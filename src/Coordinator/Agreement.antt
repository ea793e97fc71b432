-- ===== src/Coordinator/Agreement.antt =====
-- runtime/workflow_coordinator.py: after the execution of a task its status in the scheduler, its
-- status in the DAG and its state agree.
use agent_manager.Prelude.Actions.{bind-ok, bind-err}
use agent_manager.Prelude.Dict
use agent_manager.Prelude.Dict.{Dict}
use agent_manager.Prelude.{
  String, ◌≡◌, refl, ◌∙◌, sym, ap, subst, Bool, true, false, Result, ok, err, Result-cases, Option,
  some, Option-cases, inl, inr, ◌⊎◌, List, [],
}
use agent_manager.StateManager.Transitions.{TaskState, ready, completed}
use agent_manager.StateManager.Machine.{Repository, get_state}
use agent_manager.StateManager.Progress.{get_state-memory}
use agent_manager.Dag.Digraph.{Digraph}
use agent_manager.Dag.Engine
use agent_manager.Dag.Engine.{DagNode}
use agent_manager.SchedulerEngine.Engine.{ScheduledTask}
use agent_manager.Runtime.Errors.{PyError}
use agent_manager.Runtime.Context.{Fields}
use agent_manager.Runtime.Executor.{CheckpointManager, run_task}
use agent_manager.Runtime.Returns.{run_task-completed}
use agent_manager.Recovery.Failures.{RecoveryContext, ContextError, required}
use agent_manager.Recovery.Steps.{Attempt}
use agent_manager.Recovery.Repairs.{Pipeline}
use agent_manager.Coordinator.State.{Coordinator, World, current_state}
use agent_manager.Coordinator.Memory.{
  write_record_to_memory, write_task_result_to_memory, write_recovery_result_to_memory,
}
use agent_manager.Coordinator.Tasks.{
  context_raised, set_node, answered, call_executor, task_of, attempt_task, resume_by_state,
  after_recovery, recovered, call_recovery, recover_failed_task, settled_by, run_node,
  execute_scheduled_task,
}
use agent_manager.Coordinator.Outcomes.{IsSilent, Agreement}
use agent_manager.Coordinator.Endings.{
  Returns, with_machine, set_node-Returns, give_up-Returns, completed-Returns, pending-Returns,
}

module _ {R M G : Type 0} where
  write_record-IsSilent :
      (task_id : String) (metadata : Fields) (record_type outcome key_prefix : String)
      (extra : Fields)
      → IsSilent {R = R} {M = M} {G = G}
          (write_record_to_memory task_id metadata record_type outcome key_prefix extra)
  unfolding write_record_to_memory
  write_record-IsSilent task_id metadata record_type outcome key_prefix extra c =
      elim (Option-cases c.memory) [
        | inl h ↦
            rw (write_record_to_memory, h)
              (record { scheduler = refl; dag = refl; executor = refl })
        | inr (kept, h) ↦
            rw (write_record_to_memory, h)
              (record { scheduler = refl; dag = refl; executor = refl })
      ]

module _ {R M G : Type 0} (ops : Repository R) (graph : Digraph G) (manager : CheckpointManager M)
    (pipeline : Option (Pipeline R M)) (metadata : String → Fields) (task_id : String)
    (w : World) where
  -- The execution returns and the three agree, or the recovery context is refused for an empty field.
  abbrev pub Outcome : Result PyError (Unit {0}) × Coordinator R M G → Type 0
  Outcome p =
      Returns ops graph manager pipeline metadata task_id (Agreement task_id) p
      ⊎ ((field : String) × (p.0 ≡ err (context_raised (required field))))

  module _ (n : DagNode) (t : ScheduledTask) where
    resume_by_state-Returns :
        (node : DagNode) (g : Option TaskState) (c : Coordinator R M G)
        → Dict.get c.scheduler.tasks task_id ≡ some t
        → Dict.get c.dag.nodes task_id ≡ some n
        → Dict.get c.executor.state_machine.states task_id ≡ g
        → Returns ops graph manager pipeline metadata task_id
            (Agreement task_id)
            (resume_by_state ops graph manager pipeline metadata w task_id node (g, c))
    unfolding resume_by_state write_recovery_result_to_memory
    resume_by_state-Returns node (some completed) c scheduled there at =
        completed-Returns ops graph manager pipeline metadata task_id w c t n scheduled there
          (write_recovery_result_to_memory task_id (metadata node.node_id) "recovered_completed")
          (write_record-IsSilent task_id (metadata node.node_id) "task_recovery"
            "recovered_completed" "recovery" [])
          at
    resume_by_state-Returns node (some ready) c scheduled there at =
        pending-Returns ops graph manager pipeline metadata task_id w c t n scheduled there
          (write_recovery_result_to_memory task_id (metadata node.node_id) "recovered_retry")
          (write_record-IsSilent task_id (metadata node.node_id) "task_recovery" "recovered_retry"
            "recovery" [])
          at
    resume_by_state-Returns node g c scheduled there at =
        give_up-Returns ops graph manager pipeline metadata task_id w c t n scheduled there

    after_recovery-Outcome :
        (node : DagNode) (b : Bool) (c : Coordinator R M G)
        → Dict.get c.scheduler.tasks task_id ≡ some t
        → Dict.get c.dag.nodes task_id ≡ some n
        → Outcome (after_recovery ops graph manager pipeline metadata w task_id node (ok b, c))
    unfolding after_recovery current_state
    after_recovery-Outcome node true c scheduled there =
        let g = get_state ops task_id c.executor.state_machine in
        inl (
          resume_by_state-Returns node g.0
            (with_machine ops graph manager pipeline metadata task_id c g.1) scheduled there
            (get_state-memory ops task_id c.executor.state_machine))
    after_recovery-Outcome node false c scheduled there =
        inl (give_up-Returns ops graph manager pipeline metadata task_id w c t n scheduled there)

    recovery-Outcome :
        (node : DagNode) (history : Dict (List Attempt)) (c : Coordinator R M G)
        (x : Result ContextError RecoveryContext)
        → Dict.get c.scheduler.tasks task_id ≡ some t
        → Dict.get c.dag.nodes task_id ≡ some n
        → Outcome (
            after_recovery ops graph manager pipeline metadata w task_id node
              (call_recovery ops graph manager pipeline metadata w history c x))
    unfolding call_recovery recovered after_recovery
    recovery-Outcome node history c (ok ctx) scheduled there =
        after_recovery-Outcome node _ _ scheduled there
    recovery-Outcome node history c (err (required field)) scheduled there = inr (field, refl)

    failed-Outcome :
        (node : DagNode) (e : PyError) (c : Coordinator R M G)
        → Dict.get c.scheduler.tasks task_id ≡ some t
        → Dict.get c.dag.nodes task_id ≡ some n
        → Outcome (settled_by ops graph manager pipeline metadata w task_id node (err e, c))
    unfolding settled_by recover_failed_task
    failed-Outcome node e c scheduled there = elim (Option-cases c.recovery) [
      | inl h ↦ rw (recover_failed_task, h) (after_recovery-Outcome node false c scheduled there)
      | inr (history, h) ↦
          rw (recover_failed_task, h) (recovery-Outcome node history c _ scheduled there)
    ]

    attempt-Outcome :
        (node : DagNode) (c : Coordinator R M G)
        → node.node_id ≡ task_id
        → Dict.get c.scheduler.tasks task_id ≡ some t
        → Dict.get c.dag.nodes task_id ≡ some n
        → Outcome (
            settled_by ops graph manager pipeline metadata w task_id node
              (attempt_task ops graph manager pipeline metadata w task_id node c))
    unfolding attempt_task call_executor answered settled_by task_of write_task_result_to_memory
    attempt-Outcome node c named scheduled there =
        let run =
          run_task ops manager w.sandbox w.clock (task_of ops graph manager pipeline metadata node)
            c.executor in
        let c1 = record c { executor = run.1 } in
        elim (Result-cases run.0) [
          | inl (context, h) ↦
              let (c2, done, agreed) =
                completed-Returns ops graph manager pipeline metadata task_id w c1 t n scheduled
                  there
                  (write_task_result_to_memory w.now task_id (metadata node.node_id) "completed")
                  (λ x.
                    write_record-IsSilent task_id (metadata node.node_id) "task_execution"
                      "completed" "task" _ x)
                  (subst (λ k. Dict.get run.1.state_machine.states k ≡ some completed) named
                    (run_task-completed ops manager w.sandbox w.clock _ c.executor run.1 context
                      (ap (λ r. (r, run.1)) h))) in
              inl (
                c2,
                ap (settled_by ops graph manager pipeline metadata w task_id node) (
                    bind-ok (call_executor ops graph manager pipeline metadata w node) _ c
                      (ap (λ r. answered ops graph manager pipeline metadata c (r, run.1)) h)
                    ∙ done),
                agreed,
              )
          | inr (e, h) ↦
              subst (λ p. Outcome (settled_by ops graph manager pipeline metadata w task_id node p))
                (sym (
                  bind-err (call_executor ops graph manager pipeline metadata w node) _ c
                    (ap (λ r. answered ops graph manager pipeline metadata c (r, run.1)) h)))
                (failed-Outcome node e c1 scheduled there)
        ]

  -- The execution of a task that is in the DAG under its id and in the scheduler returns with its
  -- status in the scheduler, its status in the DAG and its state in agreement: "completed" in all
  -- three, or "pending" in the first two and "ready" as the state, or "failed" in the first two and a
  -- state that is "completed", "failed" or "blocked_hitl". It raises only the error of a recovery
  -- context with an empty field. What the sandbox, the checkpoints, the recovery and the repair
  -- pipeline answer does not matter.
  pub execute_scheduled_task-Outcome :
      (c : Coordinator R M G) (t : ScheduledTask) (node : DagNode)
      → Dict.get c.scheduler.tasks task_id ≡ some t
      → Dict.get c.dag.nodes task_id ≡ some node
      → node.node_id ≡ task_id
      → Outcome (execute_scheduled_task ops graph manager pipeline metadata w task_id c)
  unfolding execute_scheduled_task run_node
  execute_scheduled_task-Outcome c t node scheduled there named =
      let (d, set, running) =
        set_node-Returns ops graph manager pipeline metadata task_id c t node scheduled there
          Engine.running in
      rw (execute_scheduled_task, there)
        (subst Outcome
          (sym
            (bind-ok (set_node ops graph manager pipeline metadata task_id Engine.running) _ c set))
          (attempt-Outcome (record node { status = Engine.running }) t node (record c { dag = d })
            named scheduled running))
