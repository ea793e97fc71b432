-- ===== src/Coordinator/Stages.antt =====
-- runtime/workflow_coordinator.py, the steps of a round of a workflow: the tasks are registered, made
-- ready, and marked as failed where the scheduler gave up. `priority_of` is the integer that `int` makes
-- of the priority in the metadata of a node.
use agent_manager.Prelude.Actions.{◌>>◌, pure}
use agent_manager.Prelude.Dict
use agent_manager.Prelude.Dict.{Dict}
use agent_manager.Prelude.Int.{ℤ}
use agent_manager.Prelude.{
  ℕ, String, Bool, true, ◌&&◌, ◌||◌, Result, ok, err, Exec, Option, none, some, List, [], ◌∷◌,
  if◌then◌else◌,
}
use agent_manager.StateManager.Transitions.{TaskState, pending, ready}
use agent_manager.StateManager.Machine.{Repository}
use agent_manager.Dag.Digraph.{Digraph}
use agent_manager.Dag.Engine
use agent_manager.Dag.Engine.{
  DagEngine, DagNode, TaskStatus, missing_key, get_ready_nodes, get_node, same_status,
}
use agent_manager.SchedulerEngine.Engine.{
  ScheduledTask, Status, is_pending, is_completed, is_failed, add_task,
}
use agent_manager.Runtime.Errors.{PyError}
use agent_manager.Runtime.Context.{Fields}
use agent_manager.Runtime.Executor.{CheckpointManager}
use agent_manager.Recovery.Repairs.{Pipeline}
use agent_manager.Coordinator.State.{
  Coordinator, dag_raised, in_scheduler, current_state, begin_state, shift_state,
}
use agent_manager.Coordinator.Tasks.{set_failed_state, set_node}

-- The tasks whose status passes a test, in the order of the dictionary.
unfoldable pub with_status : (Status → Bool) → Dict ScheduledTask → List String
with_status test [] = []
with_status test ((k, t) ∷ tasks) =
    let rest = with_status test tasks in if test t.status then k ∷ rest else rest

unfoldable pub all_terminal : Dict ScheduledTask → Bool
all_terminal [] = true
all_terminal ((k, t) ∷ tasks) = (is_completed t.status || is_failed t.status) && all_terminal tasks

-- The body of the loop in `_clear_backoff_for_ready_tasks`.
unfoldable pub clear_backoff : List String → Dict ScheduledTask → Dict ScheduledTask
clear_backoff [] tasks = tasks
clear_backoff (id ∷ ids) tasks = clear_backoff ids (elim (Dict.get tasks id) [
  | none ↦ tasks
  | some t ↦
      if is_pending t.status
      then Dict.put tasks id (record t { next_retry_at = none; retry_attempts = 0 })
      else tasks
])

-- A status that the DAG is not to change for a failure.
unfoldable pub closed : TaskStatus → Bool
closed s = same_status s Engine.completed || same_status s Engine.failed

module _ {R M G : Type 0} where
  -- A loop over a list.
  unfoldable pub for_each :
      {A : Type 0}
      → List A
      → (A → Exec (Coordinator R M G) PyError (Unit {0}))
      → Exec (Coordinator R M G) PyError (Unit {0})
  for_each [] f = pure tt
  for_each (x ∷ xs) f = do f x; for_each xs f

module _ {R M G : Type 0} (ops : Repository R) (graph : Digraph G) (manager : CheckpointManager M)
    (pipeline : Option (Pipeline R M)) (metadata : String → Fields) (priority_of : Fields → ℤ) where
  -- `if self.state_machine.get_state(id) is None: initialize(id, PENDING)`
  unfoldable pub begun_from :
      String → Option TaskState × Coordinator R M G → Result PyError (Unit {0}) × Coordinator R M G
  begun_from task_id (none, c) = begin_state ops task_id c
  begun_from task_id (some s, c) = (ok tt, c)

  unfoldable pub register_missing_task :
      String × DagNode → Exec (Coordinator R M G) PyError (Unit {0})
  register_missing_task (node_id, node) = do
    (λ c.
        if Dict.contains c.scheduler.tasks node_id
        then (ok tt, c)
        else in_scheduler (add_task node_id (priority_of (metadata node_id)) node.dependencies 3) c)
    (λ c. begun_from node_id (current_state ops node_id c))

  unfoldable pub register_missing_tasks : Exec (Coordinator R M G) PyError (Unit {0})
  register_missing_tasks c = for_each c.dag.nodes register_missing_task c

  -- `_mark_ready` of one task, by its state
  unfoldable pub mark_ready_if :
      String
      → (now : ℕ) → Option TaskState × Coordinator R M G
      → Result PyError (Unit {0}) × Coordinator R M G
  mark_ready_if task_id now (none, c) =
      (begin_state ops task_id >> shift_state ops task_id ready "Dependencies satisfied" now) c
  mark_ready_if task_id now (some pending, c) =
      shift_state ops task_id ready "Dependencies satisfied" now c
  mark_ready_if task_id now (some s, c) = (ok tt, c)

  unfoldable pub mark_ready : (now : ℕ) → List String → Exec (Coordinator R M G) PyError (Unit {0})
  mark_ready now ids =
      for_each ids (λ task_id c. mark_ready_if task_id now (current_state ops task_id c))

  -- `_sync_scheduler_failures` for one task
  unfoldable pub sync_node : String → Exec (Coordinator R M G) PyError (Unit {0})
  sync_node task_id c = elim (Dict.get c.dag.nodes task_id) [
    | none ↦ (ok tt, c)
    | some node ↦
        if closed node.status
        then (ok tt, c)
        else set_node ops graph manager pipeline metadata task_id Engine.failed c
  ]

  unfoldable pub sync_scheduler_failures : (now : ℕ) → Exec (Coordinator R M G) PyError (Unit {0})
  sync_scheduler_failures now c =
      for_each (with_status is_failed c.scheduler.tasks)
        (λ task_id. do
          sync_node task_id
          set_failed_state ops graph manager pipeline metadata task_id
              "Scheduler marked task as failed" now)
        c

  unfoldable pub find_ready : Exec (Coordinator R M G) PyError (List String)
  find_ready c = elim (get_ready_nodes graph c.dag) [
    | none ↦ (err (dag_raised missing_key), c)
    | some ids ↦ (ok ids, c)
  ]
-.-.-
■ **EXERCISE**: Return only the lines of the records in which the string "then" appears.

■ **RESULT**:
  if◌then◌else◌,
    let rest = with_status test tasks in if test t.status then k ∷ rest else rest
      then Dict.put tasks id (record t { next_retry_at = none; retry_attempts = 0 })
        then (ok tt, c)
        then (ok tt, c)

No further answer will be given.